Having placed Zarathustra and the inception of his reform movement three to four centuries (or in another alternative five to six decades) prior to the formation of the Achaemenian state, Gnoli emphasizes that the new “super-national” religion “zoroastrianized” the Aryan-ness of its believers, hence paving the way for the formation of even stronger and extra-national awareness of some of the inhabitants in the Achaemenian state.

The third chapter of the book, “The 'Aryan' Tradition until Alexander the Great,” is the continuation of the discussion of the previous two chapters. In this section, the author rejects the popular theory of the north-south migration of the Medes and Persians in the late second and early first millennium B.C. and argues that the direction of the migration — and this was a gradual penetration of the Airyan population over centuries — was east-west, to and then beyond the western edges of Iranian Sistan, hence the connection between the Airyans of the east and the Aryans of the west.

There is therefore a distinction between “Aryas” and “Irano-Aryans” on the great plateau: the former refers to the Medes, the Persians, and the Avestan Airyas whereas the latter describes all the Indo-Iranian peoples that lived on the plateau and spoke one of the Indo-Iranian languages.

Then, Gnoli clarifies that the connection of the Medes, the Persians, and the Airyas of the Avesta was not merely linguistic and ethnical; it was moreover religious because the religion of the Younger Avesta was modified (very likely over a course of three to four centuries) into the western and later the Achaemenian Mazdeism (i.e. a state religion) that was in line with the political ideas of the Persians.

His next chapter, “The 'Aryan' Tradition under the Seleucids and the Arsacids,” explores the continuity of and change in the awareness of Aryan-ness among the inhabitants of the great plateau. He readily dismisses the probability of an “Empire of the Aryans” during the Arsacid period and shows that having come from outside the Aryan people and tradition, the Parni marked a break in the Aryan tradition that was characteristic of the self-rule of the native peoples of the Iranian plateau.

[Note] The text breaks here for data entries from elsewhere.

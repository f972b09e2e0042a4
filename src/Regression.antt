-- ===== src/Regression.antt =====
-- models/validation/regression.py: a candidate's metrics against the recorded baseline. The prose
-- of a result is left out, and reading and writing the file is JSON.
pub mod Gate
pub mod Tests
use ml_engineer_challenge_so.Prelude.{
  String, Bool, true, false, ◌&&◌, ◌||◌, not, str_eq, if◌then◌else◌, List, [], ◌∷◌, ◌++◌, any, keep,
  Option, none, some, or_else,
}
use ml_engineer_challenge_so.Prelude.Dict.{Dict, lookup}
use ml_engineer_challenge_so.Prelude.Float.{Float}

pub data Direction : Type 0 where
  higher_is_better lower_is_better : Direction

module _ (N : Float) where
  open N use {F}

  pub record MetricSpec : Type 0 where
    pub name : String
    pub direction : Direction
    pub tolerance : F
    pub absolute_floor : Option F

  pub record RegressionResult : Type 0 where
    pub metric : String
    pub baseline : F
    pub candidate : F
    pub regressed : Bool
    pub improved : Bool

  pub record RegressionReport : Type 0 where
    pub model_name : String
    pub baseline_version : String
    pub candidate_version : String
    pub results : List RegressionResult
    pub missing_metrics : List String

  -- A JSON object of metrics: the keys of its heading, the table `metrics` where it has one, and
  -- its own entries, which stand for the table where it has none.
  pub record Measurements : Type 0 where
    pub model_name : Option String
    pub version : Option String
    pub metrics : Option (Dict F)
    pub own : Dict F

  abbrev one : F
  one = N.decimal 1 0

  below_floor : Option F → F → Bool
  below_floor none candidate = false
  below_floor (some floor) candidate = N.lt candidate floor

  above_ceiling : Option F → F → Bool
  above_ceiling none candidate = false
  above_ceiling (some ceiling) candidate = N.lt ceiling candidate

  regressed_by : Direction → MetricSpec → F → F → Bool
  unfolding below_floor above_ceiling
  regressed_by higher_is_better spec baseline candidate =
      below_floor spec.absolute_floor candidate
      || N.lt candidate (N.mul baseline (N.sub one spec.tolerance))
  regressed_by lower_is_better spec baseline candidate =
      above_ceiling spec.absolute_floor candidate
      || N.lt (N.mul baseline (N.add one spec.tolerance)) candidate

  -- `MetricSpec.regressed`
  unfoldable pub regressed : MetricSpec → F → F → Bool
  unfolding regressed_by
  regressed spec = regressed_by spec.direction spec

  improved_by : Direction → F → F → Bool
  improved_by higher_is_better baseline candidate = N.lt baseline candidate
  improved_by lower_is_better baseline candidate = N.lt candidate baseline

  abbrev pub default_specs : List MetricSpec
  default_specs =
      record {
        name = "acc_top1";
        direction = higher_is_better;
        tolerance = N.decimal 2 2;
        absolute_floor = some (N.decimal 80 2);
      }
      ∷ record {
        name = "acc_top5";
        direction = higher_is_better;
        tolerance = N.decimal 2 2;
        absolute_floor = some (N.decimal 93 2);
      }
      ∷ record {
        name = "latency_p50_ms";
        direction = lower_is_better;
        tolerance = N.decimal 20 2;
        absolute_floor = none;
      }
      ∷ record {
        name = "latency_p95_ms";
        direction = lower_is_better;
        tolerance = N.decimal 25 2;
        absolute_floor = none;
      }
      ∷ record {
        name = "artifact_size_mb";
        direction = lower_is_better;
        tolerance = N.decimal 10 2;
        absolute_floor = none;
      }
      ∷ []

  is_empty : List String → Bool
  is_empty [] = true
  is_empty (m ∷ metrics) = false

  -- The properties `passed` and `regressions` of a report.
  unfoldable pub passed : RegressionReport → Bool
  unfolding is_empty
  passed r = is_empty r.missing_metrics && not (any (λ x. x.regressed) r.results)

  unfoldable pub regressions : RegressionReport → List RegressionResult
  regressions r = keep (λ x. x.regressed) r.results

  -- The result of one metric that both sides have.
  compared : MetricSpec → F → F → RegressionResult
  unfolding regressed improved_by
  compared spec baseline candidate = record {
    metric = spec.name;
    baseline = baseline;
    candidate = candidate;
    regressed = regressed spec baseline candidate;
    improved =
        improved_by spec.direction baseline candidate && not (regressed spec baseline candidate);
  }

  -- What one round of the loop does to the report.
  add_spec : MetricSpec → Option F → Option F → RegressionReport → RegressionReport
  unfolding compared
  add_spec spec none candidate r = r
  add_spec spec (some b) none r = record r {
    missing_metrics = r.missing_metrics ++ (spec.name ∷ []);
  }
  add_spec spec (some b) (some c) r = record r { results = r.results ++ (compared spec b c ∷ []) }

  add_specs : Dict F → Dict F → List MetricSpec → RegressionReport → RegressionReport
  unfolding add_spec
  add_specs baseline candidate [] r = r
  add_specs baseline candidate (spec ∷ specs) r =
      add_specs baseline candidate specs
        (add_spec spec (lookup spec.name baseline) (lookup spec.name candidate) r)

  abbrev pub table : Measurements → Dict F
  table m = or_else m.metrics m.own

  unfoldable pub compare_to_baseline :
      Measurements → Measurements → List MetricSpec → String → RegressionReport
  unfolding add_specs
  compare_to_baseline baseline candidate specs model_name =
      add_specs (table baseline) (table candidate) specs (record {
        model_name = if str_eq model_name "" then or_else baseline.model_name "" else model_name;
        baseline_version = or_else baseline.version "unknown";
        candidate_version = or_else candidate.version "candidate";
        results = [];
        missing_metrics = [];
      })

Yet, this is not all: in fact, the Arsacids, having gone through a process of acculturation (one might even suspect an unconscious, self-imposed deculturation), thought of themselves as Parthian, claimed Achaemenian origin, and preserved Zarathustricism from falling into obscurity. Therefore, as much as it is paradoxical to conceive a philhellenic dynasty like the Arsacids of being implicitly conscious of an Aryan tradition, it is historic to consider the Arsacids as an important link in the chain that runs from the inception of Media until the Sassanians.

At last, Gnoli closes the chapter with two significant observations: (1) that by the Sassanian period there existed no historic memory of the Medes, the Achaemenians, and the Arsacids in Iranian national history, and (2) that in Fars, the southwest region on the Iranian plateau home to the ancient Achaemenians and the subsequent Sassanian kings, there existed some conception of Aryan-ness.

In his last chapter, “The Sassanians and the Birth of Iran,” Gnoli deals with the emergence of the politicized conception of Aryan-ness among the Sassanians and the inhabitants of their empire. The introduction of the all-encompassing royal title ShahanShah Iran on the one hand and Iranshahr, as the Sassanian state that is being inhabited mostly by Aryans, on the other shows the extent to which the notion of Aryan-ness, which we might now call Iranian-ness, was propagated during this period.

There are two possible reasons for this. First and perhaps most important was the Sassanian political propaganda through which they, by virtue of their Aryan origin and adoption of Zarathustricism as the state religion, emphasized their right to power against their hellenized predecessors who were after all under the influence of Greek culture and tradition; it was through the same process that the image of the “Greek” Alexander was demonized permanently throughout the width and breadth of Iranshahr.

The second reason, which can be deduced but is most difficult to have hard evidence for, is the socio-cultural transformation of the majority of the peoples on the Iranian plateau. This explains that the conception among the peoples of Iranshahr of Iran and their Aryan link, if not origin, was not a superficial one, and it in actuality existed in the mind of the citizen of the Iranshahr.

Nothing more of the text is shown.